#### Work task:
Write out the data exactly from its first line onward, ending with the line in which "A) → P a → Q a)" appears.

(Collected data)
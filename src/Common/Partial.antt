-- ===== src/Common/Partial.antt =====
-- Chains of steps of which any may panic, which is `none`.
use mathlib.Core.Path.{◌≡◌, refl}
use mathlib.Core.Option.{Option, none, some}
use mathlib.Core.Bool.{Bool, true, false}
use minnsun_s_adventure.Common.{if◌then◌else◌}

infixl 5 ◌>>=◌
abbrev pub ◌>>=◌ {ℓ κ} : {A : Type ℓ} {B : Type κ} → Option A → (A → Option B) → Option B
none >>= f = none
some a >>= f = f a

-- The computation does not panic, and its result satisfies P.
abbrev pub Gives {ℓ κ} : {A : Type ℓ} → (A → Type κ) → Option A → Type (ℓ ⊔ κ)
Gives {A} P o = (a : A) × (o ≡ some a) × P a

pub Gives-some {ℓ κ} : {A : Type ℓ} {P : A → Type κ} (a : A) → P a → Gives P (some a)
Gives-some a p = (a, refl, p)

pub Gives-map {ℓ κ μ} :
    {A : Type ℓ} {P : A → Type κ} {Q : A → Type μ} {o : Option A}
    → Gives P o
    → ((a : A) → P a → Q a)
    → Gives Q o
Gives-map (a, is, p) f = (a, is, f a p)

pub Gives-bind {ℓ κ μ ν} :
    {A : Type ℓ} {B : Type κ} {P : A → Type μ} {Q : B → Type ν} {o : Option A} {f : A → Option B}
    → Gives P o
    → ((a : A) → P a → Gives Q (f a))
    → Gives Q (o >>= f)
Gives-bind (a, is, p) next = rw is (next a p)

pub Gives-if {ℓ κ} :
    {A : Type ℓ} {P : A → Type κ} (b : Bool) {x y : Option A}
    → (b ≡ true → Gives P x)
    → (b ≡ false → Gives P y)
    → Gives P (if b then x else y)
Gives-if true f g = f refl
Gives-if false f g = g refl

pub Gives-elim {ℓ κ μ} :
    {A : Type ℓ} {V : Type κ} {P : A → Type μ} {x : Option A} {f : V → Option A} (o : Option V)
    → (o ≡ none → Gives P x)
    → ((v : V) → o ≡ some v → Gives P (f v))
    → Gives P (elim o [ none ↦ x | some v ↦ f v ])
Gives-elim none g h = g refl
Gives-elim (some v) g h = h v refl
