-- ===== src/Common/Table.antt =====
-- Go maps that are read and written, but not ranged over: functions from the keys.
use minnsun_s_adventure.Common.{
  ℕ, Bool, true, false, Option, none, some, ◌==◌, if◌then◌else◌, ◌≡◌, ◌≢◌, refl, ◌⊎◌, inl, inr, sym,
  ap, ◌∙◌, ==_refl, ==_ne, Eq-cases, some_inj,
}

-- `map[uint64]V`, read and written.
abbrev pub Table {ℓ} : Type ℓ → Type ℓ
Table V = ℕ → Option V

module _ {ℓ} {V : Type ℓ} where
  -- `make(map[uint64]V)`
  abbrev pub empty : Table V
  empty k = none

  -- `m[k] = v`
  abbrev pub insert : ℕ → V → Table V → Table V
  insert k v m j = if k == j then some v else m j

  -- `delete(m, k)`
  abbrev pub erase : ℕ → Table V → Table V
  erase k m j = if k == j then none else m j

-- `_, ok := m[k]`
abbrev pub is_some {ℓ} : {V : Type ℓ} → Option V → Bool
is_some none = false
is_some (some _) = true

module _ {ℓ} {V : Type ℓ} where
  pub insert_self : (k : ℕ) (v : V) (m : Table V) → insert k v m k ≡ some v
  insert_self k v m = ap (λ b. if b then some v else m k) (==_refl k)

  pub insert_other : (k j : ℕ) (v : V) (m : Table V) → k ≢ j → insert k v m j ≡ m j
  insert_other k j v m ne = ap (λ b. if b then some v else m j) (==_ne k j ne)

  pub erase_self : (k : ℕ) (m : Table V) → erase k m k ≡ none
  erase_self k m = ap (λ b. if b then none else m k) (==_refl k)

  pub erase_other : (k j : ℕ) (m : Table V) → k ≢ j → erase k m j ≡ m j
  erase_other k j m ne = ap (λ b. if b then none else m j) (==_ne k j ne)

  -- What is found after a write, and after a deletion.
  pub insert-some :
      (k j : ℕ) (v w : V) (m : Table V)
      → insert k v m j ≡ some w
      → ((k ≡ j) × (v ≡ w)) ⊎ ((k ≢ j) × (m j ≡ some w))
  insert-some k j v w m h = elim (Eq-cases k j) [
    | inl same ↦ inl (same, some_inj (sym (insert_self k v m) ∙ ap (insert k v m) same ∙ h))
    | inr ne ↦ inr (ne, sym (insert_other k j v m ne) ∙ h)
  ]

  pub erase-some : (k j : ℕ) (w : V) (m : Table V) → erase k m j ≡ some w → (k ≢ j) × (m j ≡ some w)
  erase-some k j w m h = elim (Eq-cases k j) [
    | inl same ↦ let gone = sym (erase_self k m) ∙ ap (erase k m) same ∙ h in absurd (cc)
    | inr ne ↦ (ne, sym (erase_other k j m ne) ∙ h)
  ]

  pub some-both : (o : Option V) {v w : V} → o ≡ some v → o ≡ some w → v ≡ w
  some-both o e f = some_inj (sym e ∙ f)

  pub none-some : (o : Option V) {v : V} → o ≡ none → o ≡ some v → ⊥
  none-some o e f = cc

pub none-of_not_some {ℓ} : {V : Type ℓ} (o : Option V) → is_some o ≡ false → o ≡ none
none-of_not_some none h = refl
none-of_not_some (some v) h = absurd (cc)
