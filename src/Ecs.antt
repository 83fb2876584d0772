-- ===== src/Ecs.antt =====
-- The entity component system (server/ecs).
pub mod Entity
pub mod Store
pub mod Components
pub mod Registry
pub mod Accumulator
pub mod Commands
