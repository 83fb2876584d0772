-- ===== src/Ecs/Entity.antt =====
-- Generational entity IDs and their allocation (server/ecs/ecs.go).
pub mod Fresh
pub mod Trace
mod Tests
use minnsun_s_adventure.Common.{ℕ, ◌+◌, ◌*◌, ◌/◌, ◌%◌, ◌^◌, List, [], ◌∷◌, ◌==◌, if◌then◌else◌}

-- `Entity`, a uint64: the index in the low 32 bits, the generation in the high 32.
abbrev pub Entity : Type 0
Entity = ℕ

-- `uint32(id)`
abbrev pub entity_index : Entity → ℕ
entity_index id = id % 2 ^ 32

-- `uint32(id >> 32)`
abbrev pub entity_generation : Entity → ℕ
entity_generation id = id / 2 ^ 32 % 2 ^ 32

-- `Entity(idx) | (Entity(gen) << 32)`: the two parts have no bit in common.
abbrev pub make_entity : ℕ → ℕ → Entity
make_entity idx gen = idx + gen * 2 ^ 32

-- `Entity(index) | (1 << 32)`: bit 32 is set.
abbrev pub with_generation_one : ℕ → Entity
with_generation_one index = index / 2 ^ 33 * 2 ^ 33 + 2 ^ 32 + index % 2 ^ 32

-- The slice `recycledEntities.ids`, its last element first.
abbrev pub FreeList : Type 0
FreeList = List Entity

-- `recycleEntityID`
abbrev pub recycle_entity_id : Entity → FreeList → FreeList
recycle_entity_id id free = id ∷ free

-- `PopRecycledEntityID`: the index is kept, and the generation goes up by one, as a uint32. It is 0
-- when there is none.
unfoldable pub pop_recycled_entity_id : FreeList → Entity × FreeList
pop_recycled_entity_id [] = (0, [])
pop_recycled_entity_id (id ∷ free) =
    (make_entity (entity_index id) ((entity_generation id + 1) % 2 ^ 32), free)

-- What `NewEntity` reads and writes: the free list, and the registry's counter (a uint64).
pub record Ids : Type 0 where
  pub free : FreeList
  pub next_id : ℕ

-- `Registry.NewEntity`
unfoldable pub new_entity : Ids → Entity × Ids
unfolding pop_recycled_entity_id
new_entity a =
    let (recycled, free) = pop_recycled_entity_id a.free in
    let index = (a.next_id + 1) % 2 ^ 64 in
    if recycled == 0
    then (with_generation_one index, record { free = free; next_id = index })
    else (recycled, record a { free = free })

-- `World.AllocateEntityID`: a fresh ID has generation 0.
unfoldable pub allocate_entity_id : Ids → Entity × Ids
unfolding pop_recycled_entity_id
allocate_entity_id a =
    let (recycled, free) = pop_recycled_entity_id a.free in
    let index = (a.next_id + 1) % 2 ^ 64 in
    if recycled == 0
    then (index, record { free = free; next_id = index })
    else (recycled, record a { free = free })

-- What `RemoveEntity` does to the IDs.
unfoldable pub release : Entity → Ids → Ids
release id a = record a { free = recycle_entity_id id a.free }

#### Solution:
filename src/Common/Partial.antt
-- ===== src/Common/Partial.antt =====
-- Chains of steps of which any may panic, which is `none`.
use mathlib.Core.Path.{◌≡◌, refl}
use mathlib.Core.Option.{Option, none, some}
use mathlib.Core.Bool.{Bool, true, false}
use minnsun_s_adventure.Common.{if◌then◌else◌}

infixl 5 ◌>>=◌
abbrev pub ◌>>=◌ {ℓ κ} : {A : Type ℓ} {B : Type κ} → Option A → (A → Option B) → Option B
none >>= f = none
some a >>= f = f a

-- The computation does not panic, and its result satisfies P.
abbrev pub Gives {ℓ κ} : {A : Type ℓ} → (A → Type κ) → Option A → Type (ℓ ⊔ κ)
Gives {A} P o = (a : A) × (o ≡ some a) × P a

pub Gives-some {ℓ κ} : {A : Type ℓ} {P : A → Type κ} (a : A) → P a → Gives P (some a)
Gives-some a p = (a, refl, p)

pub Gives-map {ℓ κ μ} :
    {A : Type ℓ} {P : A → Type κ} {Q : A → Type μ} {o : Option A}
    → Gives P o
    → ((a : A) → P a → Q a)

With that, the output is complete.